Exercise instructions:
Restate the records in their entirety, word for word.

____ Data extract

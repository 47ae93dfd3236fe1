-- ===== src/Server/Pairing/Bound.antt =====
-- internal/server/auth.go, `Pair`: how many unapproved pairings there are.
use lab_gate.Prelude.{
  ℕ, suc, ◌≤◌, leb, Text, List, [], ◌∷◌, ◌++◌, some, Bool, true, false, not, ◌==◌, ==_self, text_eq,
  nat_eq, update, any, select, drop, count, count-select, count-drop, count-none, All, All-mono,
  ◌≡◌, refl, arith,
}
use lab_gate.Config.{Config}
use lab_gate.Server.Tables.{Login, Approval, Pairing, Site, is_unapproved, remove}
use lab_gate.Server.Request.{Request, Moment}
use lab_gate.Server.Pairing.{place, latest_first, evict, is_code, Bodies, handle_pair}
use lab_gate.Server.Pairing.Steps.{Steps, stays, starts, approves, redeems, handle_pair-Steps}

place-count :
    (g : Pairing → Bool) (p : Pairing) (ps : List Pairing) → count g (place p ps) ≡ count g (p ∷ ps)
unfolding place
place-count g p [] = refl
place-count g p (q ∷ ps) = ground (arith, place-count g p ps)

pub latest_first-count :
    (g : Pairing → Bool) (ps : List Pairing) → count g (latest_first ps) ≡ count g ps
unfolding latest_first
latest_first-count g [] = refl
latest_first-count g (p ∷ ps) =
    ground (arith, place-count g p (latest_first ps), latest_first-count g ps)

pub named : (ps : List Pairing) → All (λ p. any (λ q. q.id == p.id) ps ≡ true) ps
named [] = tt
named (p ∷ ps) = (
  ground (arith, ==_self p.id),
  All-mono (λ q. any (λ x. x.id == q.id) ps ≡ true) (λ q. any (λ x. x.id == q.id) (p ∷ ps) ≡ true)
      (λ q h. ground (arith, h)) ps (named ps),
)

-- Eviction leaves at most `n` unapproved pairings.
evict-count : (n : ℕ) (ps : List Pairing) → count is_unapproved (evict n ps) ≤ n
unfolding evict
evict-count n ps =
    let us = select is_unapproved ps in
    let old : List Pairing = drop n (latest_first us) in
    let kept : Pairing → Bool = λ p. not (any (λ q. q.id == p.id) old) in
    let gone : count kept old ≡ 0 = count-none kept old (
      All-mono (λ p. any (λ q. q.id == p.id) old ≡ true) (λ p. kept p ≡ false)
        (λ p h. ground (arith, h)) old (named old)) in
    omega (
      arith,
      count-select is_unapproved kept ps,
      latest_first-count kept us,
      count-drop kept n (latest_first us),
      gone,
    )

update-count :
    (p : Pairing → Bool) (a : Approval) (ps : List Pairing)
    → count is_unapproved (update p (λ x. record x { approval = some a }) ps)
      ≤ count is_unapproved ps
update-count p a [] = omega arith
update-count p a (x ∷ ps) = ground (arith, update-count p a ps)

select-count : (p g : Pairing → Bool) (ps : List Pairing) → count g (select p ps) ≤ count g ps
select-count p g [] = omega arith
select-count p g (x ∷ ps) = ground (arith, select-count p g ps)

append-count :
    (g : Pairing → Bool) (ps : List Pairing) (p : Pairing)
    → count g (ps ++ p ∷ []) ≤ suc (count g ps)
append-count g [] p = ground arith
append-count g (x ∷ ps) p = ground (arith, append-count g ps p)

move_bound :
    (c : Config) (ls ls' : List Login) (ps ps' : List Pairing)
    → Steps c ls ps ls' ps'
    → count is_unapproved ps ≤ 1024
    → count is_unapproved ps' ≤ 1024
move_bound c ls ls' ps ps' (stays el ep) h = rw ep h
move_bound c ls ls' ps ps' (starts now p u el ep) h =
    let fewer : List Pairing = remove (λ q. leb q.expires now) ps in
    rw ep (omega (arith, append-count is_unapproved (evict 1023 fewer) p, evict-count 1023 fewer))
move_bound c ls ls' ps ps' (approves code now a good el ep) h =
    rw ep (omega (arith, h, update-count (is_code code now) a ps))
move_bound c ls ls' ps ps' (redeems id now p a l f e good u el ep) h =
    rw ep (omega (arith, h, select-count (λ x. not (x.id == p.id)) is_unapproved ps))

-- With at most 1024 unapproved pairings before a request to `Pair`, there are at most 1024 after it,
-- whatever it is and however it ends.
pub unapproved_are_bounded :
    (hash : Text → Text) (c : Config) (w : Moment) (r : Request Bodies) (s : Site)
    → count is_unapproved s.pairings ≤ 1024
    → count is_unapproved (handle_pair hash c w r s).1.pairings ≤ 1024
unapproved_are_bounded hash c w r s h = move_bound c _ _ _ _ (handle_pair-Steps hash c w r s) h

________

Problem solution:
repository 47ae93dfd3236fe1
-- ===== src/Server/Pairing/Bound.antt =====
-- internal/server/auth.go, `Pair`: how many unapproved pairings there are.
use lab_gate.Prelude.{
  ℕ, suc, ◌≤◌, leb, Text, List, [], ◌∷◌, ◌++◌, some, Bool, true, false, not, ◌==◌, ==_self, text_eq,
  nat_eq, update, any, select, drop, count, count-select, count-drop, count-none, All, All-mono,
  ◌≡◌, refl, arith,
}
use lab_gate.Config.{Config}
use lab_gate.Server.Tables.{Login, Approval, Pairing, Site, is_unapproved, remove}
use lab_gate.Server.Request.{Request, Moment}
use lab_gate.Server.Pairing.{place, latest_first, evict, is_code, Bodies, handle_pair}
use lab_gate.Server.Pairing.Steps.{Steps, stays, starts, approves, redeems, handle_pair-Steps}

place-count :
    (g : Pairing → Bool) (p : Pairing) (ps : List Pairing) → count g (place p ps) ≡ count g (p ∷ ps)
unfolding place
place-count g p [] = refl
place-count g p (q ∷ ps) = ground (arith, place-count g p ps)

pub latest_first-count :
    (g : Pairing → Bool) (ps : List Pairing) → count g (latest_first ps) ≡ count g ps
unfolding latest_first
latest_first-count g [] = refl
latest_first-count g (p ∷ ps) =
    ground (arith, place-count g p (latest_first ps), latest_first-count g ps)

pub named : (ps : List Pairing) → All (λ p. any (λ q. q.id == p.id) ps ≡ true) ps
named [] = tt
named (p ∷ ps) = (
  ground (arith, ==_self p.id),
  All-mono (λ q. any (λ x. x.id == q.id) ps ≡ true) (λ q. any (λ x. x.id == q.id) (p ∷ ps) ≡ true)
      (λ q h. ground (arith, h)) ps (named ps),
)

-- Eviction leaves at most `n` unapproved pairings.
evict-count : (n : ℕ) (ps : List Pairing) → count is_unapproved (evict n ps) ≤ n
unfolding evict
evict-count n ps =
    let us = select is_unapproved ps in
    let old : List Pairing = drop n (latest_first us) in
    let kept : Pairing → Bool = λ p. not (any (λ q. q.id == p.id) old) in
    let gone : count kept old ≡ 0 = count-none kept old (
      All-mono (λ p. any (λ q. q.id == p.id) old ≡ true) (λ p. kept p ≡ false)
        (λ p h. ground (arith, h)) old (named old)) in
    omega (
      arith,
      count-select is_unapproved kept ps,
      latest_first-count kept us,
      count-drop kept n (latest_first us),
      gone,
    )

update-count :
    (p : Pairing → Bool) (a : Approval) (ps : List Pairing)
    → count is_unapproved (update p (λ x. record x { approval = some a }) ps)
      ≤ count is_unapproved ps
update-count p a [] = omega arith
update-count p a (x ∷ ps) = ground (arith, update-count p a ps)

select-count : (p g : Pairing → Bool) (ps : List Pairing) → count g (select p ps) ≤ count g ps
select-count p g [] = omega arith
select-count p g (x ∷ ps) = ground (arith, select-count p g ps)

append-count :
    (g : Pairing → Bool) (ps : List Pairing) (p : Pairing)
    → count g (ps ++ p ∷ []) ≤ suc (count g ps)
append-count g [] p = ground arith
append-count g (x ∷ ps) p = ground (arith, append-count g ps p)

move_bound :
    (c : Config) (ls ls' : List Login) (ps ps' : List Pairing)
    → Steps c ls ps ls' ps'
    → count is_unapproved ps ≤ 1024
    → count is_unapproved ps' ≤ 1024
move_bound c ls ls' ps ps' (stays el ep) h = rw ep h
move_bound c ls ls' ps ps' (starts now p u el ep) h =
    let fewer : List Pairing = remove (λ q. leb q.expires now) ps in
    rw ep (omega (arith, append-count is_unapproved (evict 1023 fewer) p, evict-count 1023 fewer))
move_bound c ls ls' ps ps' (approves code now a good el ep) h =
    rw ep (omega (arith, h, update-count (is_code code now) a ps))
move_bound c ls ls' ps ps' (redeems id now p a l f e good u el ep) h =
    rw ep (omega (arith, h, select-count (λ x. not (x.id == p.id)) is_unapproved ps))

-- With at most 1024 unapproved pairings before a request to `Pair`, there are at most 1024 after it,
-- whatever it is and however it ends.
pub unapproved_are_bounded :
    (hash : Text → Text) (c : Config) (w : Moment) (r : Request Bodies) (s : Site)
    → count is_unapproved s.pairings ≤ 1024
    → count is_unapproved (handle_pair hash c w r s).1.pairings ≤ 1024
unapproved_are_bounded hash c w r s h = move_bound c _ _ _ _ (handle_pair-Steps hash c w r s) h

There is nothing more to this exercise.